Le Télescope géant européen
Dans le cadre de ces travaux, les chercheurs ont exploré le potentiel du Télescope géant européen, actuellement en construction au nord du Chili, et notamment de son instrument HARMONI. Pour rappel, ce télescope est un projet ambitieux mené par l’Observatoire européen austral (ESO). Il s’agit d’un télescope optique et infrarouge de 39 m de diamètre conçu pour être le plus grand télescope au monde dans sa catégorie. L’ELT (pour Extremely Large Telescope en anglais) est positionné pour jouer un rôle majeur dans l’avancement de l’astronomie observationnelle, offrant des capacités inégalées pour l’étude des exoplanètes, des galaxies lointaines, des supernovae et bien plus encore.
Dans le cadre de l’ELT, le spectrographe de champ intégral optique monolithique et proche infrarouge à haute résolution angulaire (HARMONI) est une pièce maîtresse. HARMONI est en effet conçu pour fournir des données spectrales haute résolution dans le domaine optique et proche infrarouge. Il s’agit d’un instrument polyvalent qui offre des capacités d’imagerie, de spectroscopie et de polarimétrie, le tout combiné avec une résolution angulaire élevée. Il permettra surtout aux astronomes d’explorer en détail la composition chimique, la dynamique et d’autres caractéristiques des objets célestes.

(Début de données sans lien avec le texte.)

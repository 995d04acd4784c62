-- ===== src/StakingRouter.antt =====
-- src/staking-router/staking-router.service.ts: the unused keys of a module, kept while its nonce stays.
pub mod Freshness
pub mod Known
use lidofinance_lido_council.Shared.{
  ℕ, String, Option, none, some, Bool, true, false, not, ◌==◌, str_eq, if◌then◌else◌,
}
use lidofinance_lido_council.Outcome.{
  new_error, Outcome, ok, throw, Exec, pure, raise, lift, ◌>>=◌, ◌>>◌,
}
use lidofinance_lido_council.KeysApi.{
  KeysApi, SrModule, SrModuleKeysResponse, SrModuleListResponse, get_modules_list,
  get_unused_module_keys,
}

-- `stakingRouterCache`, by module id.
abbrev pub RouterCache : Type 0
RouterCache = ℕ → Option SrModuleKeysResponse

abbrev pub put : RouterCache → ℕ → SrModuleKeysResponse → RouterCache
put cache id response other = if id == other then some response else cache other

unfoldable pub get_staking_modules : KeysApi → Outcome SrModuleListResponse
get_staking_modules = get_modules_list

-- `isNeedToUpdateState`, of the cached response
pub is_need_to_update_state : Option SrModuleKeysResponse → ℕ → Bool
is_need_to_update_state none next_nonce = true
is_need_to_update_state (some cache) next_nonce = not (cache.content.sr_module.nonce == next_nonce)

unfoldable pub set_staking_router_cache : ℕ → SrModuleKeysResponse → Exec RouterCache (Unit {0})
set_staking_router_cache id response cache = (ok tt, put cache id response)

unfoldable pub fetch_unused_keys : KeysApi → String → ℕ → Exec RouterCache SrModuleKeysResponse
unfolding set_staking_router_cache
fetch_unused_keys api block_hash id = do
  sr_response ← lift (get_unused_module_keys api id)
  if not (str_eq sr_response.meta.block_hash block_hash)
      then raise (new_error "Blockhash of the received keys does not match the current blockhash")
      else (set_staking_router_cache id sr_response >> pure sr_response)

-- With a cached response of the same nonce the cached one is returned.
abbrev cached_or_fetched :
    Option SrModuleKeysResponse
    → ℕ
    → Exec RouterCache SrModuleKeysResponse
    → Exec RouterCache SrModuleKeysResponse
cached_or_fetched none nonce m = m
cached_or_fetched (some cache) nonce m =
    if is_need_to_update_state (some cache) nonce then m else pure cache

unfoldable pub get_staking_module_unused_keys :
    KeysApi → String → SrModule → Exec RouterCache SrModuleKeysResponse
unfolding is_need_to_update_state fetch_unused_keys
get_staking_module_unused_keys api block_hash sr_module cache =
    cached_or_fetched (cache sr_module.id) sr_module.nonce
      (fetch_unused_keys api block_hash sr_module.id) cache
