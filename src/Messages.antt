-- ===== src/Messages.antt =====
-- src/messages/: what the guardian publishes, and the publishing. The broker's transport is outside:
-- it takes a message for a topic, or rejects.
pub mod Publishing
use lidofinance_lido_council.Shared.{ℕ, ◌+◌, String, List, [], ◌∷◌, ◌++◌}
use lidofinance_lido_council.Shared.Int.{ℤ}
use lidofinance_lido_council.Shared.Text.{join}
use lidofinance_lido_council.Outcome.{Outcome, ok, bind, Exec, lift, modify, ◌>>=◌, ◌>>◌}
use lidofinance_lido_council.Chains.{Chains, get_message_topic_prefix}
use lidofinance_lido_council.Contracts.{Signature}

pub data MessageType : Type 0 where
  pause deposit ping : MessageType

-- `MessageRequiredFields`, without the type
pub record Sender : Type 0 where
  pub guardian_address : String
  pub guardian_index : ℤ

pub record SignedState : Type 0 where
  pub deposit_root : String
  pub nonce : ℕ
  pub block_number : ℕ
  pub block_hash : String
  pub signature : Signature
  pub staking_module_id : ℕ

pub record PingState : Type 0 where
  pub block_number : ℕ
  pub staking_module_ids : List ℕ

-- `MessageDeposit`, `MessagePause` and the ping: the type and the fields that go with it
pub data Body : Type 0 where
  deposit_body pause_body : SignedState → Body
  ping_body : PingState → Body

pub record MessageData : Type 0 where
  pub sender : Sender
  pub body : Body

pub record MessageApp : Type 0 where
  pub version : String
  pub name : String

-- `T & MessageMeta`
pub record Message : Type 0 where
  pub content : MessageData
  pub app : MessageApp

abbrev pub type_of : Body → MessageType
type_of (deposit_body _) = deposit
type_of (pause_body _) = pause
type_of (ping_body _) = ping

pub record Published : Type 0 where
  pub topic : String
  pub message : Message
  pub message_type : MessageType

pub record MessagesEnv : Type 0 where
  pub chains : Chains
  pub chain_id : Outcome ℕ
  pub broker_topic : String
  pub publish : Published → Outcome (Unit {0})

-- What the broker has taken, the oldest first, and the counter of sent messages.
pub record Broker : Type 0 where
  pub published : List Published
  pub sent_messages : ℕ

module _ (env : MessagesEnv) where
  -- `${prefix}-${topic}`
  unfoldable pub get_message_topic : Outcome String
  get_message_topic = bind env.chain_id λ id.
      bind (get_message_topic_prefix env.chains id)
        λ prefix. ok (join prefix (join "-" env.broker_topic))

  -- `transportService.publish`
  abbrev publish : Published → Exec Broker (Unit {0})
  publish p = do lift (env.publish p); modify (λ b. record b { published = b.published ++ p ∷ [] })

  abbrev count : Exec Broker (Unit {0})
  count = modify (λ b. record b { sent_messages = b.sent_messages + 1 })

  abbrev pub published_on : Message → String → Published
  published_on message topic = record {
    topic = topic;
    message = message;
    message_type = type_of message.content.body;
  }

  abbrev pub publish_and_count : Message → String → Exec Broker (Unit {0})
  publish_and_count message topic = do publish (published_on message topic); count

  unfoldable pub send_message : Message → Exec Broker (Unit {0})
  send_message message = lift get_message_topic >>= publish_and_count message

Quelques ajustements nécessaires
Pour cette étude, les chercheurs ont simulé des observations de Proxima Centauri en utilisant un effet de masquage pour isoler la lumière de son exoplanète. La question centrale était donc de savoir si HARMONI pouvait ou non recueillir suffisamment de données à haute résolution pour détecter d’éventuelles molécules biogéniques.
Il en est finalement ressorti que ce n’était pas le cas dans la configuration actuelle proposée, car le coronographe est trop vaste, ce qui obstrue ainsi la majeure partie de la lumière en provenance de l’exoplanète. Cependant, les chercheurs ont identifié une possibilité de modification de sa configuration de manière à permettre l’étude de l’atmosphère de Proxima Centauri B.
Bien que ces modifications ne soient ni simples ni économiques, elles pourraient être justifiées si l’on considère que Proxima Centauri B est une candidate de choix sur la liste restreinte des mondes que nous envisageons de visiter en premier lors de l’envoi de sondes au-delà de notre Système solaire. La perspective de découvrir une vie potentielle placerait cette exoplanète voisine en tête de nos priorités d’exploration interstellaire. Il va toutefois falloir se montrer patients, car l’inauguration de ce télescope, prévue initialement en 2024, est finalement programmée pour 2027.